Oxford University Press’s new logo is unfathomably bad
appearance vs. reality in art & business
Art and business objectives are so often in direct tension that it’s almost impressive, if also totally infuriating, when a choice manages to violate every conceivable aesthetic and capitalistic interest at once.
Your eyes are not deceiving you. In a move I fear augurs the end of serif fonts entirely, Oxford University Press has replaced one of the most recognizable and revered logos in academia with . . . that.
Put aside for a second that we’re talking about a venerable institution founded in the sixteenth century and differentiated by $150 scholarly volumes sold to like ten experts outside of libraries—this is a crime against graphic design. The most soulless, regurgitorial AI could have done better, let alone something pretty sophisticated like Looka, the AI-initiated, human-customizable branding tool that Substack helped me use to make this newsletter’s logo, for instance.
Even within the aesthetic limits of the flat, sans-serif style du jour, Twitter topped OUP’s design by a mile:
There is no shortage of creatively unflattering metaphorical comparisons to the actual new logo in other quote tweets (“a shitty bagel chain!”; “a shitty tire company!”; “a shitty Obama ripoff!”), but personally, I find it too painfully devoid of aesthetic impact to even merit such comparison. It would be a boring, forgettable logo for a shitty bagel chain, too.
It is worse, though, when such a logo replaces a world-class symbol of scholarly excellence. A maxim I remember from business school: a brand is a promise of a repeatable experience. You want to consider a rebrand when something is changing in a meaningful enough way that failing to do so would risk leading to mismatched customer expectations. But OUP’s mission is still “to further Oxford University's objective of excellence in research, scholarship, and education by publishing worldwide.”
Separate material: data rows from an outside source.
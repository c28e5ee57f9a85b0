-- ===== src/Stream/Ending.antt =====
-- readFixSize of mingfwq/stream.cpp ends over a stream that does not fail, whatever its length.
use mingfwq.Prelude.{
  ℕ, zero, suc, ◌+◌, ◌-◌, ◌^◌, ◌≤◌, ◌<◌, ◌≡◌, ap, arith, false, inl, inr, Option, List, ltb, ◌==◌,
  length, length-append, Bool-cases,
}
use mingfwq.ByteArray.{overwrite}
use mingfwq.ByteArray.Chain.{length-overwrite}
use mingfwq.Stream.{Outcome, returned, overrun, unfinished, add64, sub64, read_loop, read_fix_size}
use mingfwq.Stream.Reading.{IsSource}

-- The loop returned, with at most `n` bytes to come.
abbrev pub Ends : {S : Type 0} → (S → List ℕ) → ℕ → Outcome S → Type 0
Ends pending n (returned rt buffer s) = length (pending s) ≤ n
Ends pending n overrun = ⊥
Ends pending n unfinished = ⊥

module _ {S : Type 0} (read : S → ℕ → Option (List ℕ) × S) (pending : S → List ℕ)
    (source : IsSource read pending) where
  read_loop-Ends :
      (fuel n total left offset : ℕ) (buffer : List ℕ) (s : S)
      → length (pending s) < fuel
      → length (pending s) ≤ n
      → offset + left ≤ length buffer
      → offset + left < 2 ^ 63
      → Ends pending n (read_loop read fuel total offset left buffer s)
  unfolding read_loop
  read_loop-Ends zero n total left offset buffer s f l r b = absurd (omega (arith, f))
  read_loop-Ends (suc fuel) n total left offset buffer s f l r b = elim (Bool-cases (left == 0)) [
    | inl z ↦ rw (read_loop, z) l
    | inr z ↦
        let (bs, p, short, next) = source s left in
        let s' = (read s left).1 in
        let parts : length (pending s) ≡ length bs + length (pending s') =
          omega (arith, ap length next, length-append bs (pending s')) in
        elim (Bool-cases (length bs == 0)) [
          | inl y ↦ rw (read_loop, z, p, y) (omega (arith, parts, l))
          | inr y ↦
              let some_bytes : 0 < length bs = ground (arith, y) in
              let fits : ltb (length buffer) (offset + length bs) ≡ false =
                ground (arith, short, r) in
              let at : add64 offset (length bs) ≡ offset + length bs = omega (arith, short, b) in
              let fewer : sub64 left (length bs) ≡ left - length bs = omega (arith, short, b) in
              rw (read_loop, z, p, y, fits, at, fewer)
                (read_loop-Ends fuel n total (left - length bs) (offset + length bs)
                  (overwrite buffer offset bs) s' (omega (arith, f, parts, some_bytes))
                  (omega (arith, l, parts))
                  (omega
                    (arith, length-overwrite buffer bs offset (omega (arith, short, r)), short, r))
                  (omega (arith, b, short)))
        ]
  ]

  pub read_fix_size-Ends :
      (fuel total : ℕ) (buffer : List ℕ) (s : S)
      → length (pending s) < fuel
      → total ≤ length buffer
      → total < 2 ^ 63
      → Ends pending (length (pending s)) (read_fix_size read fuel total buffer s)
  unfolding read_fix_size
  read_fix_size-Ends fuel total buffer s f l b =
      read_loop-Ends fuel (length (pending s)) total total 0 buffer s f (omega arith)
        (omega (arith, l)) (omega (arith, b))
The press’s stated rationale for the rebrand, rather, boils down to a desire to signal commitments to (1) digital transformation and (2) diversity & inclusion. Both are reasonable, even admirable goals—but bad reasons for a rebrand. The first, even per CEO Nigel Portwood, has been an ongoing journey at OUP “For many years now.” The Oxford English Dictionary went online in the year 2000. There is absolutely no reason to think digital innovation would have been held back by a little Latin in a logo.
The second is touchier, and, I think, falls into a trap closely related to one I discussed in my recent Lit Hub essay on literary moralism: “conflating the privilege of writing with privileged identities, élite talent with entrenched power.” I fear OUP has mistaken its symbol of scholarly excellence with the historically narrow definition of who could achieve it.
The way to rectify the latter is not through the symbol itself here—this was not a Washington-Football-Team-type situation. OUP clearly does still want to publish élite scholarship; it is not pivoting into a self-publishing platform or something. But taking action on the substance is harder than on the symbol, involving things like hiring a more diverse workforce. This in turn would likely require paying employees more, low wages being a notorious barrier to inclusion in prestige jobs and snobbist industries.
I’m not surprised OUP would prefer a splashy one-time marketing expense. It’s what other storied institutions have done before it. The Metropolitan Museum of Art did it in 2013, for example, which I remember vividly as I worked there at the time. The current red logo replaced the iconic da Vinci “M” explicitly “with the intention of giving everyone, not just the privileged few, a chance to explore new worlds.”
The New York Times confirms my memory of how unpopular this change was with the public, though it fails to mention the most common complaint we received (confusion with the opera; aesthetics were actually secondary), as well as the gripes of low-to-midlevel staff. For us, the rumored $2M rebrand came as a double-insult, the opportunity cost of actual wages being used to erase the visual manifestation of why we’d been willing to work for so little in the first place.
I’d be curious to know if OUP employees feel similarly, as I probably would have only been able to articulate the first half of my annoyance at the time. It wasn’t until I left the museum for management consulting and specifically worked on a series of innovation strategy projects that I started to connect these “the world is changing/we are inclusive” prestige rebrands directly to one of my pet themes in art and business alike: appearance vs. reality.
“Try to be brutally honest with yourself: is the goal actual innovation? Or is really to appear innovative?” I have asked these questions of many senior executives now, assuring them I am not being glib, explaining that these objectives are often in fundamental opposition to one another. Leaders of élite institutions would do well to ask themselves similar ones before rebranding—and beware even if their goal is admittedly appearance.
Because what is the implicit message, really, of using a flat, ugly logo to signal “changing times,” let alone inclusivity? That iconic beauty and excellence was the province of rich white dudes—and can only be expanded by lowering our standards. And what a load of horseshit that is.